Ogni docente – sottolinea la dirigente Maria Maggio – cura l’interazione con i propri studenti mediante tutti i canali telematici già utilizzati (mailing list, messaggistica istantanea, piattaforma moodle, altre classi virtuali già predisposte), per fornire stimoli per lo studio e l’approfondimento domestico e feedback sulle attività svolte”.

Piattaforme da testare e supporto costante

Si cercano anche nuove strade: “Gli esperti informatici, che da tempo integrano la didattica in presenza con attività telematiche, sono costantemente al lavoro per testare varie piattaforme e supportare i colleghi meno esperti”, spiega la dirigente.

I ragazzi – aggiunge – rispondono bene, partecipano, scaricano i materiali, svolgono i compiti assegnati e li restituiscono ai docenti. Anche la segreteria fa la sua parte, fornendo pressoché in tempo reale le credenziali di accesso al registro a chi le ha smarrite”.

Campagna di comunicazione in remoto, contro il Coronavirus 

Gli studenti stanno a casa, invitano a seguire il loro esempio. E sembra che questa situazione dia nuova linfa alla loro creatività.

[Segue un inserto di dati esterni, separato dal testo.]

-- ===== src/DeviceGate.antt =====
-- internal/devicegate/gate.go: a mutex for each device.
-- A pointer to an `entry` is its number in `heap`, which stands for the memory, and `calls` are the
-- calls of `LockDevice` under way, each with the point that it has reached. A channel of capacity 1 is
-- whether it holds its token. `beforeWait` is a hook of the tests and left out.
pub mod Order
pub mod Exclusion
use aisummoner.Prelude.{
  ℕ, suc, ◌-◌, ◌<◌, ◌==◌, ◌≡◌, ◌||◌, Bool, true, false, ◌&&◌, Option, none, some, List, [], ◌∷◌,
  if◌then◌else◌, first, any, update, delete,
}
use aisummoner.Prelude.Keyed.{has_key}
use aisummoner.Store.Data.{RowId}

pub record Entry : Type 0 where
  pub token : Bool
  pub refs : ℕ

-- A call waits at the `select`, has taken the token and will look at its context again, has returned the
-- unlocking function to its caller, or has put the token back or given up and will drop its reference.
pub data Phase : Type 0 where
  waiting received holding leaving : Phase

pub record Call : Type 0 where
  pub id : RowId
  pub device : RowId
  pub entry : ℕ
  pub phase : Phase

pub record Gate : Type 0 where
  pub entries : RowId → Option ℕ
  pub heap : ℕ → Entry
  pub next : ℕ
  pub calls : List Call

pub data GateError : Type 0 where
  invalid_device_id context_done : GateError

abbrev pub new_gate : Gate
new_gate = record {
  entries = λ d. none;
  heap = λ p. record { token = false; refs = 0 };
  next = 0;
  calls = [];
}

abbrev pub assign {ℓ} : {A : Type ℓ} → (ℕ → A) → ℕ → A → ℕ → A
assign m k v j = if j == k then v else m j

-- `value := &entry{…}; value.token <- struct{}{}; g.entries[deviceID] = value`.
unfoldable pub add_entry : RowId → Gate → Gate
add_entry device g = record g {
  entries = assign (g.entries) device (some (g.next));
  heap = assign (g.heap) (g.next) (record { token = true; refs = 0 });
  next = suc (g.next);
}

-- `value.refs++`, after which the call waits.
unfoldable pub join_entry : RowId → RowId → ℕ → Gate → Gate
join_entry i device p g = record g {
  heap = assign (g.heap) p (record (g.heap p) { refs = suc ((g.heap p).refs) });
  calls = record { id = i; device = device; entry = p; phase = waiting } ∷ (g.calls);
}

-- The critical section of `LockDevice`.
unfoldable pub register : RowId → RowId → Gate → Gate
register i device g = elim (g.entries device) [
  | none ↦ join_entry i device (g.next) (add_entry device g)
  | some p ↦ join_entry i device p g
]

-- The call up to the `select`. A context that has ended, or an empty id, ends it at once.
unfoldable pub lock_device : RowId → RowId → Bool → Gate → Option GateError × Gate
lock_device i device ended g =
    if device == 0
    then (some invalid_device_id, g)
    else if ended
    then (some context_done, g)
    else (none, register i device g)

abbrev pub enter : Phase → Call → Call
enter ph c = record c { phase = ph }

unfoldable pub advance : Phase → Call → Gate → Gate
advance ph c g = record g { calls = update (has_key Call.id (c.id)) (enter ph) (g.calls) }

unfoldable pub set_token : Bool → ℕ → Gate → Gate
set_token b p g = record g { heap = assign (g.heap) p (record (g.heap p) { token = b }) }

-- `<-value.token`, which waits for a token.
unfoldable pub receive_token : Call → Gate → Option Gate
receive_token c g =
    if (g.heap (c.entry)).token
    then some (advance received c (set_token false (c.entry) g))
    else none

-- `value.token <- struct{}{}`, which waits for room. What follows is `dropReference`.
unfoldable pub return_token : Call → Gate → Option Gate
return_token c g =
    if (g.heap (c.entry)).token then none else some (advance leaving c (set_token true (c.entry) g))

-- The second look at the context.
unfoldable pub recheck : Bool → Call → Gate → Option Gate
recheck ended c g = if ended then return_token c g else some (advance holding c g)

-- The function that `LockDevice` returns runs once.
unfoldable pub unlock : Call → Gate → Option Gate
unlock c g = elim (c.phase) [ holding ↦ return_token c g | _ ↦ some g ]

abbrev pub points_to : Option ℕ → ℕ → Bool
points_to none p = false
points_to (some q) p = q == p

-- `refs` is a signed integer, and it is at least 1 here (`DeviceGate.Order`).
unfoldable pub drop_reference : Call → Gate → Gate
drop_reference c g = record g {
  heap =
      assign (g.heap) (c.entry) (record (g.heap (c.entry)) { refs = (g.heap (c.entry)).refs - 1 });
  entries =
      if (g.heap (c.entry)).refs == 1 && points_to (g.entries (c.device)) (c.entry)
      then assign (g.entries) (c.device) none
      else g.entries;
  calls = delete (has_key Call.id (c.id)) (g.calls);
}

-- The call is under way and has come to that point.
abbrev pub IsAt : Phase → Call → Gate → Type 0
IsAt ph c g = (first (has_key Call.id (c.id)) (g.calls) ≡ some c) × (c.phase ≡ ph)

-- A step of any call, and the gate after it.
pub data Step (g : Gate) : Gate → Type 0 where
  locking :
      (i device : RowId) (ended : Bool)
      → any (has_key Call.id i) (g.calls) ≡ false
      → Step g (lock_device i device ended g).1
  giving_up : (c : Call) → IsAt waiting c g → Step g (advance leaving c g)
  receiving : (c : Call) (h : Gate) → IsAt waiting c g → receive_token c g ≡ some h → Step g h
  rechecking :
      (c : Call) (ended : Bool) (h : Gate)
      → IsAt received c g
      → recheck ended c g ≡ some h
      → Step g h
  unlocking : (c : Call) (h : Gate) → IsAt holding c g → unlock c g ≡ some h → Step g h
  dropping : (c : Call) → IsAt leaving c g → Step g (drop_reference c g)

pub data Reaches (g : Gate) : Gate → Type 0 where
  here : Reaches g g
  next : {h k : Gate} → Reaches g h → Step h k → Reaches g k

Gli allievi del settore Grafica e comunicazione, infatti, hanno realizzato in remoto una campagna per promuovere comportamenti responsabili e la stanno diffondendo su Facebook e Instagram. È il loro contributo a fare squadra, a non mollare, a essere responsabili perché tutti “pazienti”, come recita uno degli slogan. 

I punti deboli 

Tutta la scuola è impegnata perché questa pausa forzata non diventi perdita di tempo. Certo le difficoltà ci sono: “Purtroppo – aggiunge la dirigente – non sempre l’infrastruttura informatica ‘regge’: le videoconferenze si interrompono quando gli utenti collegati sono troppi e, probabilmente, il problema non è legato ai software specifici, ma alla qualità della connessione. Perciò si predilige la modalità asincrona, a scapito dell’interazione, o si usano canali non dedicati, ma che funzionano, come Youtube e Whatsapp“. 

E si guarda al futuro, al protrarsi di questa situazione che potrebbe aggiungere problemi alla valutazione: “Un tema da affrontare se la sospensione delle attività in presenza dovesse protrarsi a lungo è quello della valutazione. Ma per ora l’obiettivo è soprattutto far sì che i ragazzi continuino a percepire la scuola come il proprio habitat, sia pure virtuale, e l’apprendimento come il proprio compito essenziale”, conclude la dirigente.